▸ **WORK INSTRUCTION**
Copy every line that contains the string "World" from the entries below.

▸ **SUPPLIED RECORDS**
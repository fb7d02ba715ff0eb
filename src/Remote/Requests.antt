-- ===== src/Remote/Requests.antt =====
-- Requests over UDP (src/wpa_ctrl/wpa_ctrl.c), by those of the socket.
use wpa_supplicant_ex.Shared.{ℕ, Bool, true, false, List, Option, none, some, if◌then◌else◌}
use wpa_supplicant_ex.Kernel.{World, K, return}
use wpa_supplicant_ex.Kernel.Post.{Ends}
use wpa_supplicant_ex.Api.{Reply, failed, error, Callback}
use wpa_supplicant_ex.Ctrl.{wpa_ctrl_request}
use wpa_supplicant_ex.Ctrl.Within.{quiet_request-Ends}
use wpa_supplicant_ex.Remote.{UdpCtrl, with_cookie, request_udp}

-- A request is the one of the socket for the command behind the cookie, or fails at once.
pub request_udp-cases :
    (P : K Reply → Type 0) (malloc : Bool) (ctrl : UdpCtrl) (cmd buf : List ℕ) (limit : ℕ)
    (f : Callback)
    → P (wpa_ctrl_request (with_cookie ctrl.cookie cmd) buf limit f)
    → P (return (failed error))
    → P (request_udp malloc ctrl cmd buf limit f)
unfolding request_udp with_cookie
request_udp-cases P malloc ctrl cmd buf limit f asked refused = go malloc ctrl.cookie asked
  where
    go :
        (m : Bool) (c : Option (List ℕ))
        → P (wpa_ctrl_request (with_cookie c cmd) buf limit f)
        → P (elim c as (λ x. K Reply) [
          | none ↦ wpa_ctrl_request cmd buf limit f
          | some cookie ↦
              if m
              then wpa_ctrl_request (with_cookie (some cookie) cmd) buf limit f
              else return (failed error)
        ])
    go m none h = h
    go true (some cookie) h = h
    go false (some cookie) h = refused

pub request_udp-Ends :
    (malloc : Bool) (ctrl : UdpCtrl) (cmd buf : List ℕ) (limit : ℕ) (w : World)
    → Ends (request_udp malloc ctrl cmd buf limit none w)
request_udp-Ends malloc ctrl cmd buf limit w =
    request_udp-cases (λ m. Ends (m w)) malloc ctrl cmd buf limit none
      (quiet_request-Ends (with_cookie ctrl.cookie cmd) buf limit w) tt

▸ **THE COMPLETED TASK**
use wpa_supplicant_ex.Kernel.{World, K, return}
    (malloc : Bool) (ctrl : UdpCtrl) (cmd buf : List ℕ) (limit : ℕ) (w : World)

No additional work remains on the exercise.